As I read this NYTimes article - Divinity Schools Take On the Challenge of Keeping Students on a Path to the Pulpit -, I realized that the transitions that I'm seeing in churches have not yet reach the point where a major transition in the nature of the pastorate has begun to emerge.
I can't really tell you want will come in the role and experience of being a pastor. However, i do know that one of the things that needs to happen is a great deal more clarity about the boundaries that form the role pastors play in the church.
I think the principal issue is the inability to state with certainty precisely what the pastor's role is and isn't . As a result, the role is measured by the expectations that each member has, rather than some more objective criteria.
Part of the dilemma is that what often happens is that the pastor ends up take responsibility for work that members should be doing, yet don't because it is easier to just pass it off on to the pastor.
For example, every pastor position comes with the expectation of visitation. Precisely what does this mean? Who should be visited? How often should they be visited? And what should be done when a visit is made?
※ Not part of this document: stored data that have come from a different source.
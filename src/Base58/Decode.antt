-- ===== src/Base58/Decode.antt =====
-- The letters of digits are looked up as these digits, and the decoding loop ends inside its buffer.
use mathlib.Core.List.{map}
use chain_wallet.Common.{
  ℕ, zero, suc, ◌+◌, ◌*◌, ◌/◌, ◌%◌, ◌≤◌, ◌<◌, ◌≡◌, refl, ap, ◌∙◌, some, [], ◌∷◌, true, Bytes,
  length, arith, ◌==◌, passes_under, passes_under-apply, not, ◌≢◌, finds, finds-eq,
}
use chain_wallet.Base58.{divmod256, advance, letter, decode_loop, index_of, indexes}
use chain_wallet.Base58.Value.{value, Below, divmod256-value}
use chain_wallet.Base58.Encode.{advance-value, advance-Below}

index_table : passes_under (λ d. finds (index_of (letter d)) d) 58 ≡ true
unfolding passes_under index_of letter
index_table = refl

letter_table : passes_under (λ d. not (letter d == 0)) 58 ≡ true
unfolding passes_under letter
letter_table = refl

-- No letter is a NUL.
pub letter-nonzero : (d : ℕ) → d < 58 → letter d ≢ 0
letter-nonzero d h =
    ground (arith, passes_under-apply (λ i. not (letter i == 0)) 58 d h letter_table)

-- A letter of the alphabet is looked up as its own digit.
pub index_of-letter : (d : ℕ) → d < 58 → index_of (letter d) ≡ some d
index_of-letter d h = finds-eq _ d (passes_under-apply _ 58 d h index_table)

pub indexes-letters : (ds : Bytes) → Below 58 ds → indexes (map letter ds) ≡ some ds
unfolding indexes
indexes-letters [] h = refl
indexes-letters (d ∷ ds) (hd, h) = rw (index_of-letter d hd, indexes-letters ds h)

-- What a loop leaves that has the digits `p` to decode and `bs` written.
pub record Decoded (p bs out : Bytes) : Type 0 where
  pub bytes : Below 256 out
  pub same : value 256 0 out ≡ value 256 (value 58 0 p) bs
  pub grown : length out ≡ length bs + length p

-- A first digit is below 256, so each round takes one digit off.
length-advance :
    (b : ℕ) (p : Bytes) → Below 58 (b ∷ p) → length (advance (divmod256 0 (b ∷ p)).0) ≡ length p
unfolding divmod256 advance
length-advance b p (hb, hp) =
    let (v, small, long, below) = divmod256-value 0 ((0 * 58 + b) % 256) p (omega arith) hp in
    let gone : ((((0 * 58 + b) / 256) % 256) == 0) ≡ true = ground arith in rw gone long

decode_loop-nil : (j : ℕ) (temp : Bytes) → decode_loop j [] temp ≡ some temp
unfolding decode_loop
decode_loop-nil zero temp = refl
decode_loop-nil (suc j) temp = refl

pub decode_loop-total :
    (j : ℕ) (p bs : Bytes)
    → Below 58 p
    → Below 256 bs
    → length p ≤ j
    → (out : Bytes) × (decode_loop j p bs ≡ some out) × Decoded p bs out
unfolding decode_loop
decode_loop-total j [] bs hp hb fits =
    (bs, decode_loop-nil j bs, record { bytes = hb; same = refl; grown = omega arith })
decode_loop-total zero (b ∷ p) bs hp hb fits = absurd (omega arith)
decode_loop-total (suc j) (b ∷ p) bs hp hb fits =
    let (q, m) = divmod256 0 (b ∷ p) in
    let (v, small, long, below) = divmod256-value 0 0 (b ∷ p) (omega arith) hp in
    let shorter : length (advance q) ≡ length p = length-advance b p hp in
    let (out, e, dec) =
      decode_loop-total j (advance q) (m ∷ bs) (advance-Below 58 q below) (small, hb)
        (omega arith) in
    let step : value 58 0 (advance q) * 256 + m ≡ value 58 0 (b ∷ p) =
      omega (arith, advance-value 58 q, v) in
    let grown : length out ≡ suc (length bs) + length (advance q) = dec.grown in
    (
      out,
      e,
      record {
        bytes = dec.bytes;
        same = dec.same ∙ ap (λ a. value 256 a bs) step;
        grown = omega arith;
      },
    )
What is missing is the responsibility of elders and members to care for one another. If this role is being fulfilled, then it changes the social context of the church. If the responsibility is fully on the pastor's shoulders, then the social environment is built around one individual. That is not a healthy arrangement. The core problem with this is that their a complicity of silence between those who desire to be visited and those who ignore the responsibility. As a result, it gets dumped on the pastor.
The options for men and women who earn ministerial degrees have grown. Being a parish minister is not the most easy nor attractive ministerial calling.
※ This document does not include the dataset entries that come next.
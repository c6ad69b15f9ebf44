-- ===== src/Primitives.antt =====
-- The cryptographic primitives that the wrappers call: the copies of other projects' code in
-- native-crypto (sha2.c, sha3.c, ripemd160.c, blake*.c, hmac.c, pbkdf2.c). They are parameters here,
-- functions of the bytes that the pointers and lengths of a call delimit, with the lengths of
-- their results, which the headers of that code document.
use chain_wallet.Common.{ℕ, ◌≡◌, Bytes, [], length, Option, none, some, IsBytes}

pub record Primitives : Type 0 where
  pub sha256 : Bytes → Bytes
  pub sha512 : Bytes → Bytes
  pub sha3_224 : Bytes → Bytes
  pub sha3_256 : Bytes → Bytes
  pub sha3_384 : Bytes → Bytes
  pub sha3_512 : Bytes → Bytes
  pub keccak_224 : Bytes → Bytes
  pub keccak_256 : Bytes → Bytes
  pub keccak_384 : Bytes → Bytes
  pub keccak_512 : Bytes → Bytes
  pub ripemd160 : Bytes → Bytes
  pub blake256 : Bytes → Bytes
  pub length-sha256 : (m : Bytes) → length (sha256 m) ≡ 32
  pub length-sha512 : (m : Bytes) → length (sha512 m) ≡ 64
  pub length-sha3_224 : (m : Bytes) → length (sha3_224 m) ≡ 28
  pub length-sha3_256 : (m : Bytes) → length (sha3_256 m) ≡ 32
  pub length-sha3_384 : (m : Bytes) → length (sha3_384 m) ≡ 48
  pub length-sha3_512 : (m : Bytes) → length (sha3_512 m) ≡ 64
  pub length-keccak_224 : (m : Bytes) → length (keccak_224 m) ≡ 28
  pub length-keccak_256 : (m : Bytes) → length (keccak_256 m) ≡ 32
  pub length-keccak_384 : (m : Bytes) → length (keccak_384 m) ≡ 48
  pub length-keccak_512 : (m : Bytes) → length (keccak_512 m) ≡ 64
  pub length-ripemd160 : (m : Bytes) → length (ripemd160 m) ≡ 20
  pub length-blake256 : (m : Bytes) → length (blake256 m) ≡ 32
  -- the key, then the message
  pub hmac_sha256 : Bytes → Bytes → Bytes
  pub hmac_sha512 : Bytes → Bytes → Bytes
  pub length-hmac_sha256 : (k m : Bytes) → length (hmac_sha256 k m) ≡ 32
  pub length-hmac_sha512 : (k m : Bytes) → length (hmac_sha512 k m) ≡ 64
  -- the password, the salt, the iterations and the length of the key that is derived
  pub pbkdf2_hmac_sha256 : Bytes → Bytes → ℕ → ℕ → Bytes
  pub pbkdf2_hmac_sha512 : Bytes → Bytes → ℕ → ℕ → Bytes
  pub length-pbkdf2_hmac_sha256 : (p s : Bytes) (i n : ℕ) → length (pbkdf2_hmac_sha256 p s i n) ≡ n
  pub length-pbkdf2_hmac_sha512 : (p s : Bytes) (i n : ℕ) → length (pbkdf2_hmac_sha512 p s i n) ≡ n
  -- the message and the length; `none` is the status -1
  pub blake2b : Bytes → ℕ → Option Bytes
  pub blake2s : Bytes → ℕ → Option Bytes
  pub length-blake2b : (m : Bytes) (n : ℕ) {h : Bytes} → blake2b m n ≡ some h → length h ≡ n
  pub length-blake2s : (m : Bytes) (n : ℕ) {h : Bytes} → blake2s m n ≡ some h → length h ≡ n
  -- the message, the key and the length; an empty key has the status -1
  pub blake2b_key : Bytes → Bytes → ℕ → Option Bytes
  pub blake2s_key : Bytes → Bytes → ℕ → Option Bytes
  pub length-blake2b_key :
      (m k : Bytes) (n : ℕ) {h : Bytes} → blake2b_key m k n ≡ some h → length h ≡ n
  pub length-blake2s_key :
      (m k : Bytes) (n : ℕ) {h : Bytes} → blake2s_key m k n ≡ some h → length h ≡ n
  pub blake2b_key-empty : (m : Bytes) (n : ℕ) → blake2b_key m [] n ≡ none
  pub blake2s_key-empty : (m : Bytes) (n : ℕ) → blake2s_key m [] n ≡ none
  pub sha256-IsBytes : (m : Bytes) → IsBytes (sha256 m)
From my perspective, the training for parish ministry needs to broaden out from the traditional course work and field work. Merely tweaking the curriculum won't do it. It requires broadening exposure to fields outside of the traditional biblical, theological and ecclesiastical intellectual box.
Two areas that I can see are training in organizational development and transformation and instruction in social networking and word-of-mouth marketing. Developing the first requires the church to more clearly understand the similarities and differences between traditional businesses and the church. Developing the second is the recognition that the focal point of church is shifting from the Sunday morning worship service to the social formation of the church as a collaborative community of servant leaders.
What this means for pastoral ministry is a shift from a pastor-centric to a member-servant centric church life. This means that part of what pastors need to learn through their seminary training are the skills that enable members to take responsibility for the full life of the church. The pastor serves as an enabler of growth and development rather than the measure of it. It is this that I have always seen in Paul's description of the church in Ephesians 4.
So, if seminaries are having a difficult time recruiting people to parish ministry, then we need to ask the question about whether the way we function as an institutional church makes sense. I know there are changes happening. I see them and want to encourage their spread. But one church changing here or there isn't sufficient. Ultimately, this change will have to be reflected both in the seminary and in the governing bodies that validate a person's call to ministry.